• **SUPPLIED DATA**
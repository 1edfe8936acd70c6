-- ===== src/Api/Model.antt =====
-- The application of cpa_first/api/main.py: what it loads at its start, the tables its endpoints write, and
-- their answers.
use xeno_pre_test.Prelude.{ℕ, Bool, true, false, Option, List, String, str_eq, first}
use xeno_pre_test.Records.Logs.{MistakeLog, AttemptDiagnosis}
use xeno_pre_test.Records.Overrides.{ReviewOverride}
use xeno_pre_test.Diagnosis.Attempt.{ProblemMap}

-- A question of the seed or of a real exam, with the fields that `diagnose_problem_attempt` reads and those
-- that only the endpoints read. A missing text is "".
pub record Question : Type 0 where
  pub problem : ProblemMap
  pub exam : Option String
  pub applicable_year : Option ℕ
  pub concept_tags : List String
  pub stem : String
  pub source : Option String
  pub explanation : String
  pub explanation_kind : Option String
  pub table_lossy : Bool
  pub math_lossy : Bool

abbrev pub id_of : Question → String
id_of m = m.problem.question_id

-- `problem_maps_by_id.get(question_id)`. The seed's questions, whose ids are distinct, stand before those of real
-- exams, so the first of an id is the one that `setdefault` keeps.
unfoldable pub question_by_id : String → List Question → Option Question
question_by_id i = first (λ m. str_eq (id_of m) i)

pub data Answer (A : Type 0) : Type 0 where
  ok : A → Answer A
  -- An `HTTPException` with its status.
  http_error : ℕ → Answer A

-- The tables of attempts, logs and overrides.
pub record Store : Type 0 where
  pub attempts : List AttemptDiagnosis
  pub logs : List MistakeLog
  pub overrides : List ReviewOverride

-- Whether an endpoint answers without an error.
abbrev pub is_ok : {A : Type 0} → Answer A × Store → Bool
is_ok (ok _, _) = true
is_ok (http_error _, _) = false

• **WHAT IS BEING ASKED**
Give only the lines from the one holding "pub problem : ProblemMap" through the one holding "id_of m = m.problem.question_id", each restated exactly as it appears above.

• **WRITTEN ANSWER**
  pub problem : ProblemMap
  pub exam : Option String
  pub applicable_year : Option ℕ
  pub concept_tags : List String
  pub stem : String
  pub source : Option String
  pub explanation : String
  pub explanation_kind : Option String
  pub table_lossy : Bool
  pub math_lossy : Bool

abbrev pub id_of : Question → String
id_of m = m.problem.question_id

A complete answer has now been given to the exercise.